What is required :: Everything from the line containing "unfolding apply_levels updated" to the end of the records below should be repeated exactly, with no other lines added.

Dataset extract ::
-----

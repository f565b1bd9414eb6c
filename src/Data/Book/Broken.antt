-- ===== src/Data/Book/Broken.antt =====
-- A broken book stays broken until the builder is told to synchronise again.
use rs_quant.Base.{
  ℕ, ◌≡◌, refl, Bool, true, false, Option, none, some, is_some, List, [], ◌∷◌, All, Bool-cases, inl,
  inr, eq_opt,
}
use rs_quant.Core.Types.{Ident}
use rs_quant.Data.Book.Types.{
  feed_discontinuity, unknown_book_message, stream_scope_mismatch, stale_feed, Reason,
  IncomingEvent, EventType, data_gap, connection_changed, book_snapshot, book_delta, other_event,
}
use rs_quant.Data.Book.Builder.{Library, BookBuilder, invalidate, check_freshness, is_aged}
use rs_quant.Data.Book.Apply.{
  apply, apply_epoch, apply_type, apply_book, ensure_epoch, after_epoch, event_scope, in_scope,
  is_broken,
}
use rs_quant.Data.Book.Runs.{Call, sync, drop, age, receive, call, calls}

abbrev is_sync : Call → Bool
is_sync (sync e) = true
is_sync _ = false

abbrev IsBroken : BookBuilder → Type 0
IsBroken b = (is_broken b.state ≡ true) × (is_some b.epoch ≡ true)

invalidate-IsBroken :
    (b : BookBuilder) (r : Reason) (is_stale : Bool)
    → is_some b.epoch ≡ true
    → IsBroken (invalidate b r is_stale).0
unfolding invalidate
invalidate-IsBroken b r true h = (refl, h)
invalidate-IsBroken b r false h = (refl, h)

module _ (lib : Library) where
  apply_book-IsBroken :
      (b : BookBuilder) (event : IncomingEvent) (snapshot : Bool)
      → IsBroken b
      → IsBroken (apply_book lib b event snapshot).0
  unfolding apply_book
  apply_book-IsBroken b event snapshot h = rw h.0 h

  apply_type-IsBroken :
      (b : BookBuilder) (event : IncomingEvent) (t : EventType)
      → IsBroken b
      → IsBroken (apply_type lib b event t).0
  unfolding apply_type
  apply_type-IsBroken b event data_gap h = invalidate-IsBroken b feed_discontinuity false h.1
  apply_type-IsBroken b event connection_changed h =
      invalidate-IsBroken b feed_discontinuity false h.1
  apply_type-IsBroken b event book_snapshot h = apply_book-IsBroken b event true h
  apply_type-IsBroken b event book_delta h = apply_book-IsBroken b event false h
  apply_type-IsBroken b event other_event h = invalidate-IsBroken b unknown_book_message false h.1

  apply_epoch-IsBroken :
      (b : BookBuilder) (event : IncomingEvent) → IsBroken b → IsBroken (apply_epoch lib b event).0
  unfolding apply_epoch
  apply_epoch-IsBroken b event h =
      elim (Bool-cases (eq_opt (some event.connection_epoch) b.epoch)) [
        | inl e ↦ rw e (apply_type-IsBroken b event event.event_type h)
        | inr e ↦ rw e h
      ]

  after_epoch-IsBroken :
      (b : BookBuilder) (event : IncomingEvent) (o : Option Ident)
      → is_some o ≡ true
      → IsBroken b
      → IsBroken (after_epoch lib event (ensure_epoch b event.connection_epoch o)).0
  after_epoch-IsBroken b event none p h = cc
  after_epoch-IsBroken b event (some e) p h = apply_epoch-IsBroken b event h

  apply-IsBroken :
      (b : BookBuilder) (event : IncomingEvent) → IsBroken b → IsBroken (apply lib b event).0
  unfolding apply
  apply-IsBroken b event h = elim (Bool-cases (in_scope b.scope (event_scope event))) [
    | inl t ↦
        rw t
          (after_epoch-IsBroken (record b { scope = some (event_scope event) }) event b.epoch h.1 h)
    | inr t ↦ rw t (invalidate-IsBroken b stream_scope_mismatch false h.1)
  ]

  age-IsBroken : (b : BookBuilder) (now : ℕ) → IsBroken b → IsBroken (check_freshness b now).0
  unfolding check_freshness
  age-IsBroken b now h = elim (Bool-cases (is_aged b now b.view)) [
    | inl t ↦ rw t (invalidate-IsBroken b stale_feed true h.1)
    | inr t ↦ rw t h
  ]

  call-IsBroken :
      (b : BookBuilder) (c : Call) → is_sync c ≡ false → IsBroken b → IsBroken (call lib b c)
  unfolding call
  call-IsBroken b (sync e) n h = cc
  call-IsBroken b (drop r is_stale) n h = invalidate-IsBroken b r is_stale h.1
  call-IsBroken b (age now) n h = age-IsBroken b now h
  call-IsBroken b (receive event) n h = apply-IsBroken b event h

  -- A builder that follows a connection and is INVALID or STALE stays so through any calls that do
  -- not synchronise it, such as snapshots and deltas that would be fine in themselves.
  pub broken_until_sync :
      (b : BookBuilder) (cs : List Call)
      → is_broken b.state ≡ true
      → is_some b.epoch ≡ true
      → All (λ c. is_sync c ≡ false) cs
      → is_broken (calls lib b cs).state ≡ true
  unfolding calls
  broken_until_sync b [] h e n = h
  broken_until_sync b (c ∷ cs) h e n =
      let (h', e') = call-IsBroken b c n.0 (h, e) in broken_until_sync (call lib b c) cs h' e' n.1
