-- ===== src/Data/Book/Delta.antt =====
-- What the levels of one message do to a side.
use rs_quant.Base.{
  ℕ, ◌≡◌, refl, ap, sym, ◌∙◌, arith, false, Option, none, some, List, [], ◌∷◌, ok, if_both,
  Bool-cases, inl, inr, ◌==◌, ==_iff, if◌then◌else◌,
}
use rs_quant.Base.Ensures.{Ensures, Ensures->>=, Ensures-raise_if, of_Ensures}
use rs_quant.Base.Dict.{
  Dict, IsDict, lookup, insert, erase, lookup-insert, lookup-erase_ne, lookup-erase_self,
  insert-IsDict, erase-IsDict,
}
use rs_quant.Base.Int.{ℤ}
use rs_quant.Core.Types.{Ident}
use rs_quant.Data.Json.{Json, integer, text, scalar, array, object, null}
use rs_quant.Data.Book.Types.{BookLevel, duplicate_price_level}
use rs_quant.Data.Book.Levels.{levels, read_levels, has_price, has_repeated_price}
use rs_quant.Data.Book.Builder.{apply_levels}

-- The size of a price after a message, read off the message: its own size, none for zero, and the
-- size before where the message does not name the price.
unfoldable pub updated : ℕ → List BookLevel → Option ℕ → Option ℕ
updated k [] before = before
updated k (l ∷ ls) before =
    let rest = updated k ls before in
    if l.price_ticks == k then (if l.size_lots == 0 then none else some l.size_lots) else rest

levels-distinct :
    (text_of : Ident → Option ℤ) (j : Json)
    → Ensures (λ ls. has_repeated_price ls ≡ false) (levels text_of j)
unfolding levels
levels-distinct text_of (array js) = Ensures->>= _ (read_levels text_of js) _ (λ ls e.
    Ensures-raise_if (λ ls. has_repeated_price ls ≡ false) (has_repeated_price ls)
      duplicate_price_level (ok ls) (λ h. h))
levels-distinct text_of (integer n) = tt
levels-distinct text_of (text s) = tt
levels-distinct text_of (scalar s) = tt
levels-distinct text_of (object fs) = tt
levels-distinct text_of null = tt

one_level :
    (k : ℕ) (l : BookLevel) (side : Dict ℕ)
    → IsDict side
    → lookup k (
        if l.size_lots == 0
        then erase l.price_ticks side
        else insert l.price_ticks l.size_lots side)
      ≡ updated k (l ∷ []) (lookup k side)
unfolding updated
one_level k l side h = elim (Bool-cases (l.size_lots == 0)) [
  | inl e ↦ elim (Bool-cases (l.price_ticks == k)) [
    | inl p ↦
        rw (e, p)
          (ap (λ j. lookup j (erase l.price_ticks side)) (sym ((==_iff l.price_ticks k).0 p))
            ∙ lookup-erase_self l.price_ticks side h)
    | inr p ↦ rw (e, p) (lookup-erase_ne l.price_ticks k side (λ q. ground arith))
  ]
  | inr e ↦ rw e (lookup-insert l.price_ticks k l.size_lots side)
]

one_level-IsDict :
    (l : BookLevel) (side : Dict ℕ)
    → IsDict side
    → IsDict (
        if l.size_lots == 0
        then erase l.price_ticks side
        else insert l.price_ticks l.size_lots side)
one_level-IsDict l side h =
    if_both IsDict (l.size_lots == 0) _ _ (erase-IsDict l.price_ticks side h)
      (insert-IsDict l.price_ticks l.size_lots side h)

updated_absent :
    (k : ℕ) (ls : List BookLevel) (o : Option ℕ) → has_price k ls ≡ false → updated k ls o ≡ o
unfolding updated
updated_absent k [] o h = refl
updated_absent k (l ∷ ls) o h = ground (arith, updated_absent k ls o)

updated_once :
    (k : ℕ) (l : BookLevel) (ls : List BookLevel) (o : Option ℕ)
    → has_price l.price_ticks ls ≡ false
    → updated k ls (updated k (l ∷ []) o) ≡ updated k (l ∷ ls) o
unfolding updated
updated_once k l ls o h = elim (Bool-cases (l.price_ticks == k)) [
  | inl p ↦
      rw p
        (updated_absent k ls _ (ap (λ j. has_price j ls) (sym ((==_iff l.price_ticks k).0 p)) ∙ h))
  | inr p ↦ rw p refl
]

apply_levels_lem :
    (k : ℕ) (ls : List BookLevel) (side : Dict ℕ)
    → IsDict side
    → has_repeated_price ls ≡ false
    → lookup k (apply_levels side ls) ≡ updated k ls (lookup k side)
unfolding apply_levels updated
apply_levels_lem k [] side h n = refl
apply_levels_lem k (l ∷ ls) side h n =
    apply_levels_lem k ls _ (one_level-IsDict l side h) (ground arith)
    ∙ ap (updated k ls) (one_level k l side h)
    ∙ updated_once k l ls (lookup k side) (ground arith)

-- When a message's levels are accepted by `levels`, then applying them to a side gives each price
-- that they name their size, removes it for size zero, and leaves every other price as it was, in
-- whatever order the message lists them.
pub apply_levels_updates :
    (text_of : Ident → Option ℤ) (j : Json) (ls : List BookLevel) (side : Dict ℕ) (k : ℕ)
    → levels text_of j ≡ ok ls
    → IsDict side
    → lookup k (apply_levels side ls) ≡ updated k ls (lookup k side)
apply_levels_updates text_of j ls side k e h =
    apply_levels_lem k ls side h
      (of_Ensures (λ ms. has_repeated_price ms ≡ false) (levels-distinct text_of j) e)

-----

Solved exercise ::
unfolding apply_levels updated
apply_levels_lem k [] side h n = refl
apply_levels_lem k (l ∷ ls) side h n =
    apply_levels_lem k ls _ (one_level-IsDict l side h) (ground arith)
    ∙ ap (updated k ls) (one_level k l side h)
    ∙ updated_once k l ls (lookup k side) (ground arith)

-- When a message's levels are accepted by `levels`, then applying them to a side gives each price
-- that they name their size, removes it for size zero, and leaves every other price as it was, in
-- whatever order the message lists them.
pub apply_levels_updates :
    (text_of : Ident → Option ℤ) (j : Json) (ls : List BookLevel) (side : Dict ℕ) (k : ℕ)
    → levels text_of j ≡ ok ls
    → IsDict side
    → lookup k (apply_levels side ls) ≡ updated k ls (lookup k side)
apply_levels_updates text_of j ls side k e h =
    apply_levels_lem k ls side h
      (of_Ensures (λ ms. has_repeated_price ms ≡ false) (levels-distinct text_of j) e)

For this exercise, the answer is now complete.